Former insurance and risk management corporation of the United States

Hilb, Rogal, & Hobbs Co. was an American insurance company. It was established by Bob Hilb, Alvin Rogal and David Hamilton, former Insurance Management Corporation executives in 1982 as Hilb, Rogal, and Hamilton Corporation was changed to Hilb, Rogal and Hobbs Corporation on September 8, 2003. The company operated over 120 offices in 29 U.S. states and London with branch locations in Russia, South Africa, and Australia. Since its establishment, HRH had acquired over 230 independent agencies ranging from individuals to large national accounts with a focus on middle-market and internal risk management for major firms. As of 2007 sales were $799,664,000. It was acquired by Willis Towers Watson for $2.1 billion in 2008.

==History==
- On January 28, 1982, Hilb, Rogal, & Hamilton Co. was founded by Bob Hilb, Alvin Rogal and David Hamilton.

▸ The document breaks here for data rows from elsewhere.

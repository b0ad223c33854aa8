-- ===== src/Discrim/Faults.antt =====
-- Single requests to `get_by_or_insert_array` of `src/comp/discrim.rs`.
use dynec.Common.{
  ℕ, ◌<◌, ◌≡◌, ◌≢◌, refl, true, false, Option, some, List, [], ◌∷◌, arith, ◌==◌, ==_refl, ltb,
  Outcome, ok, panic, Panic, ◌>>=◌, length, get_elem?, get_elem?_within, get_elem?-set_self, set,
}
use dynec.Util.{all}
use dynec.Discrim.{Discrim, map_with, slot_in, entry_in, split_mut_array, split_from}
use dynec.Discrim.Full.{unwrap_or}
use dynec.Discrim.Sorted.{
  SortedVecMap, at, insert_at, insert_value, binary_search, search_from, get_by_or_insert,
  get_by_or_insert_array,
}
use dynec.Discrim.Array.{
  ArrayMap, get_by_or_insert as array_insert, get_by_or_insert_array as array_insert_array,
}

module _ {D V : Type 0} (discrim : Discrim D) where
  search_first :
      (a : D) (v : V) (m : SortedVecMap D V) → binary_search discrim a ((a, v) ∷ m) ≡ at 0
  unfolding binary_search search_from
  search_first a v m =
      let irreflexive : ltb (discrim.into_usize a) (discrim.into_usize a) ≡ false = ground arith in
      rw (irreflexive, ==_refl (discrim.into_usize a)) refl

  search_below :
      (a b : D) (v : V) (m : SortedVecMap D V)
      → discrim.into_usize b < discrim.into_usize a
      → binary_search discrim b ((a, v) ∷ m) ≡ insert_at 0
  unfolding binary_search search_from
  search_below a b v m lt =
      let not_before : ltb (discrim.into_usize a) (discrim.into_usize b) ≡ false =
        ground (arith, lt) in
      let differ : discrim.into_usize a == discrim.into_usize b ≡ false = ground (arith, lt) in
      rw (not_before, differ) refl

  search_second :
      (a c : D) (v w : V)
      → discrim.into_usize a < discrim.into_usize c
      → binary_search discrim c ((a, v) ∷ (c, w) ∷ []) ≡ at 1
  unfolding binary_search search_from
  search_second a c v w lt =
      let before : ltb (discrim.into_usize a) (discrim.into_usize c) ≡ true = ground (arith, lt) in
      let irreflexive : ltb (discrim.into_usize c) (discrim.into_usize c) ≡ false = ground arith in
      rw (before, irreflexive, ==_refl (discrim.into_usize c)) refl

  -- What a step of the loop over the requests does.
  step_found :
      (x : V) (a : D) (m : SortedVecMap D V) (j : ℕ)
      → binary_search discrim a m ≡ at j
      → get_by_or_insert discrim a x m ≡ ok (j, m)
  unfolding get_by_or_insert
  step_found x a m j e = rw (get_by_or_insert, e) refl

  step_new :
      (x : V) (b : D) (m : SortedVecMap D V) (j : ℕ)
      → binary_search discrim b m ≡ insert_at j
      → get_by_or_insert discrim b x m ≡ ok (j, insert_value j (b, x) m)
  unfolding get_by_or_insert
  step_new x b m j e = rw (get_by_or_insert, e) refl

module _ {D V : Type 0} (discrim : Discrim D) {U : Type 0} (as_ptr : U → ℕ) (inserter : D → V)
    (transform : D → ℕ → U) where
  -- On a sorted map whose first entry is of `a`, a request for `a` and a new discriminant below it panics,
  -- though the two are distinct.
  pub sorted_insert_panics :
      (a b : D) (v : V) (m : SortedVecMap D V)
      → discrim.into_usize b < discrim.into_usize a
      → get_by_or_insert_array discrim as_ptr inserter transform (a ∷ b ∷ []) ((a, v) ∷ m)
        ≡ panic Panic.duplicate_key
  unfolding get_by_or_insert_array map_with split_mut_array split_from slot_in all
  sorted_insert_panics a b v m lt =
      rw
        (
          get_by_or_insert_array,
          step_found discrim (inserter a) a ((a, v) ∷ m) 0 (search_first discrim a v m),
          step_new discrim (inserter b) b ((a, v) ∷ m) 0 (search_below discrim a b v m lt),
        )
        refl

  -- On the sorted map of `a` and `c`, a request for `c` and a new discriminant below both returns the
  -- reference of `a` in the place of `c`'s.
  pub sorted_insert_shifts :
      (a b c : D) (v w : V)
      → discrim.into_usize b < discrim.into_usize a
      → discrim.into_usize a < discrim.into_usize c
      → as_ptr (transform a 1) ≢ as_ptr (transform b 0)
      → get_by_or_insert_array discrim as_ptr inserter transform (c ∷ b ∷ []) ((a, v) ∷ (c, w) ∷ [])
        ≡ ok (transform a 1 ∷ transform b 0 ∷ [], (b, inserter b) ∷ (a, v) ∷ (c, w) ∷ [])
  unfolding get_by_or_insert_array map_with split_mut_array split_from slot_in all
  sorted_insert_shifts a b c v w lt gt apart =
      let unaliased : as_ptr (transform a 1) == as_ptr (transform b 0) ≡ false =
        ground (arith, apart) in
      rw
        (
          get_by_or_insert_array,
          step_found discrim (inserter c) c ((a, v) ∷ (c, w) ∷ []) 1
              (search_second discrim a c v w gt),
          step_new discrim (inserter b) b ((a, v) ∷ (c, w) ∷ []) 0
              (search_below discrim a b v ((c, w) ∷ []) lt),
        )
        (rw unaliased refl)

  array_step :
      (x : V) (d : D) (m : ArrayMap V) (o : Option V)
      → get_elem? m (discrim.into_usize d) ≡ some o
      → array_insert discrim d x m
        ≡ ok (discrim.into_usize d, set m (discrim.into_usize d) (some (unwrap_or o x)))
  unfolding array_insert
  array_step x d m o got = rw (array_insert, got) refl

  abbrev returned : {W A : Type 0} → A → List W → Outcome (List W × A)
  returned result values = ok (values, result)

  one_value :
      {A W : Type 0} (out : Outcome D) (make : D → W) (result : A)
      → (out >>= (λ d. ok (make d)) >>= (λ value. ok (value ∷ [])) >>= returned result)
        ≡ (out >>= λ d. returned result (make d ∷ []))
  one_value (ok d) make result = refl
  one_value (panic p) make result = refl

  -- A request for one discriminant that an `ArrayMap` supports passes to the transform the discriminant of
  -- the number 0, whatever was asked for.
  pub array_transform_lem :
      (d : D) (m : ArrayMap V)
      → discrim.into_usize d < length m
      → (m' : ArrayMap V) × (array_insert_array discrim as_ptr inserter transform (d ∷ []) m ≡ (
          discrim.from_usize 0 >>= λ first. ok (transform first (discrim.into_usize d) ∷ [], m')))
  unfolding array_insert_array array_insert map_with split_mut_array split_from entry_in all
  array_transform_lem d m lt =
      let (o, got) = get_elem?_within m (discrim.into_usize d) lt in
      let m' : ArrayMap V = set m (discrim.into_usize d) (some (unwrap_or o (inserter d))) in
      (
        m',
        rw
            (
              array_insert_array,
              array_step (inserter d) d m o got,
              entry_in,
              get_elem?-set_self m (discrim.into_usize d) (some (unwrap_or o (inserter d))) lt,
            )
            (one_value (discrim.from_usize 0) (λ first. transform first (discrim.into_usize d)) m'),
      )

- In January 1999, the Daytona Beach, FL and Fort Lauderdale, FL offices of Hilb Rogal & Hamilton were acquired by Poe & Brown, Inc. (now Brown & Brown, Inc.)
- On May 12, 2002 Hilb, Rogal & Hamilton is ranked 10th largest insurance intermediary in the world.

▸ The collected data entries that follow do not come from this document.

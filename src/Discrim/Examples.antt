-- ===== src/Discrim/Examples.antt =====
-- The theorems on discriminants and their maps at concrete inputs; a discriminant is its own number.
use dynec.Common.{
  ℕ, ◌≡◌, ◌<◌, ◌+◌, refl, Option, none, some, List, [], ◌∷◌, map, arith, ◌==◌, if◌then◌else◌,
  Outcome, ok, panic, Panic, ◌>>=◌, All,
}
use dynec.Common.OrdSet.{IsOrdered}
use dynec.Common.Bags.{tally}
use dynec.Discrim.{Discrim, IsDiscrim, split_mut_array, slot_in, split_from}
use dynec.Util.{all}
use dynec.Discrim.Split.{IsDistinct, IsUnaliased, split_mut_array-IsUnaliased}
use dynec.Discrim.Full.{keys, AllKeys, unwrap_or}
use dynec.Discrim.Sorted.{
  get_by, read, get_by_or_insert, get_mut_array_by as sorted_many, get_by_or_insert_array,
  sorted_map, binary_search, search_from,
}
use dynec.Discrim.Sorted.Laws.{sorted_insert_lem, sorted_map-IsFullMap}
use dynec.Discrim.Bounded.{bounded_map, get_by as bounded_get}
use dynec.Discrim.Bounded.Laws.{bounded_map-IsFullMap}
use dynec.Discrim.Slots.{Covers}
use dynec.Discrim.Array.{from_iter, put_all, put_new, get_by_or_insert_array as array_insert_array}
use dynec.Discrim.Array.Laws.{from_iter_ok}
use dynec.Discrim.Agree.{serve, serve_alike}
use dynec.Discrim.Many.{Pairwise, Holds, sorted_many_lem}
use dynec.Discrim.Faults.{sorted_insert_panics, sorted_insert_shifts, array_transform_lem}

abbrev number : Discrim ℕ
number = record { same = λ a b. a == b; into_usize = λ n. n; from_usize = ok }

abbrev number-IsDiscrim : IsDiscrim number
number-IsDiscrim = record { same_lem = λ a b. refl; from_usize-into_usize = λ d. refl }

abbrev three : List (ℕ × ℕ)
three = (2, 20) ∷ (5, 50) ∷ (7, 70) ∷ []

-- Every number is a discriminant.
every : (low high : ℕ) → Covers number low high
every low high j lo hi = (j, refl)

abbrev wide : List (ℕ × ℕ)
wide = (2, 20) ∷ (5, 50) ∷ []

abbrev two_values : List (ℕ × ℕ)
two_values = (2, 20) ∷ (0, 10) ∷ []

abbrev getter : ℕ → Outcome (Option ℕ)
getter index = ok (slot_in three index)

split_run :
    split_mut_array {U = ℕ}
      (λ slot. slot)
      getter
      (λ i slot. ok slot)
      (λ i. Panic.missing_key)
      (2 ∷ 0 ∷ [])
    ≡ ok (2 ∷ 0 ∷ [])
unfolding split_mut_array split_from slot_in all
split_run = refl

split_mut_array-IsUnaliased_example :
    IsUnaliased
      (λ slot. slot)
      getter
      (λ i slot. ok slot)
      (λ i. Panic.missing_key)
      (2 ∷ 0 ∷ [])
      (2 ∷ 0 ∷ [])
split_mut_array-IsUnaliased_example =
    split_mut_array-IsUnaliased (λ slot. slot) getter (λ i slot. ok slot) (λ i. Panic.missing_key)
      (2 ∷ 0 ∷ []) (2 ∷ 0 ∷ []) split_run

two_keys : IsDistinct (7 ∷ 2 ∷ [])
unfolding tally
two_keys x = ground arith

present : All (λ d. (v : ℕ) × (get_by number d three ≡ some v)) (7 ∷ 2 ∷ [])
unfolding get_by binary_search search_from
present = ((70, refl), ((20, refl), tt))

three-IsOrdered : IsOrdered (keys number three)
three-IsOrdered = (omega arith, (omega arith, tt))

sorted_many_lem_example :
    (slots : List ℕ) × (sorted_many number {U = ℕ} (λ u. u) (λ slot. slot) (7 ∷ 2 ∷ []) three
      ≡ ok (map (λ slot. slot) slots))
    × Pairwise (Holds number three) (7 ∷ 2 ∷ []) slots
sorted_many_lem_example =
    sorted_many_lem number three (λ u. u) (λ slot. slot) (λ a b e. e) number-IsDiscrim (7 ∷ 2 ∷ [])
      three-IsOrdered two_keys present

sorted_insert_lem_example :
    (slot : ℕ) × (m' : List (ℕ × ℕ)) × (get_by_or_insert number 4 40 three ≡ ok (slot, m'))
    × IsOrdered (keys number m')
    × (read number m' slot ≡ some (unwrap_or (get_by number 4 three) 40))
    × ((d' : ℕ)
        → get_by number d' m' ≡ (
            if 4 == d'
            then some (unwrap_or (get_by number 4 three) 40)
            else get_by number d' three))
sorted_insert_lem_example = sorted_insert_lem number-IsDiscrim 4 40 three three-IsOrdered

array_run : from_iter number 3 two_values ≡ ok (some 10 ∷ none ∷ some 20 ∷ [])
unfolding from_iter put_all put_new
array_run = refl

from_iter_ok_example : IsDistinct (keys number two_values) × AllKeys number (λ d. d < 3) two_values
from_iter_ok_example =
    from_iter_ok number-IsDiscrim 3 two_values (some 10 ∷ none ∷ some 20 ∷ []) array_run

three-IsDistinct : IsDistinct (keys number three)
unfolding tally
three-IsDistinct x = ground arith

serve_alike_example :
    (vs : List ℕ) × (a : List (ℕ × ℕ)) × (b : List (Option ℕ)) × (serve
        (sorted_map number)
        (λ d. d + 1)
        three
        (4 ∷ 5 ∷ 4 ∷ [])
      ≡ ok (vs, a))
    × (serve (bounded_map number 3) (λ d. d + 1) three (4 ∷ 5 ∷ 4 ∷ []) ≡ ok (vs, b))
    × ((d : ℕ) → get_by number d a ≡ bounded_get number d b)
serve_alike_example =
    serve_alike (sorted_map-IsFullMap number-IsDiscrim)
      (bounded_map-IsFullMap number-IsDiscrim 3 (every 0 3)) (λ d. d + 1) three (4 ∷ 5 ∷ 4 ∷ [])
      three-IsDistinct (tt, (tt, (tt, tt))) (every 0 3, (every 0 6, (every 0 8, tt)))
      (tt, (tt, (tt, tt))) (every 0 5, (every 0 6, (every 0 5, tt)))

sorted_insert_panics_example :
    get_by_or_insert_array number {U = ℕ} (λ u. u) (λ d. 0) (λ d slot. slot) (2 ∷ 1 ∷ []) three
    ≡ panic Panic.duplicate_key
sorted_insert_panics_example =
    sorted_insert_panics number (λ u. u) (λ d. 0) (λ d slot. slot) 2 1 20 ((5, 50) ∷ (7, 70) ∷ [])
      (omega arith)

sorted_insert_shifts_example :
    get_by_or_insert_array number {U = ℕ} (λ u. u) (λ d. 0) (λ d slot. slot) (5 ∷ 1 ∷ []) wide
    ≡ ok (1 ∷ 0 ∷ [], (1, 0) ∷ (2, 20) ∷ (5, 50) ∷ [])
sorted_insert_shifts_example =
    sorted_insert_shifts number (λ u. u) (λ d. 0) (λ d slot. slot) 2 1 5 20 50 (omega arith)
      (omega arith) (λ e. omega (arith, e))

array_transform_lem_example :
    (m' : List (Option ℕ)) × (array_insert_array number {U = ℕ × ℕ}
        (λ u. u.1)
        (λ d. 0)
        (λ d slot. (d, slot))
        (2 ∷ [])
        (none ∷ none ∷ none ∷ [])
      ≡ (ok 0 >>= λ first. ok ((first, 2) ∷ [], m')))
array_transform_lem_example =
    array_transform_lem number (λ u. u.1) (λ d. 0) (λ d slot. (d, slot)) 2 (none ∷ none ∷ none ∷ [])
      (omega arith)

- On September 8, 2003 Hilb, Rogal & Hamilton was officially changed to Hilb, Rogal & Hobbs Co.
- In July 2007, Hilb Rogal & Hobbs Co. was ranked ninth in Business Insurance's world's largest brokers list.
- On June 9, 2008, Hilb Rogal & Hobbs Co accepted an acquisition offer by Willis Group Holdings, a British insurer for 2.1 billion.
- In 2004, Haack & Associates was bought by Hilb, Rogal & Hobbs Co.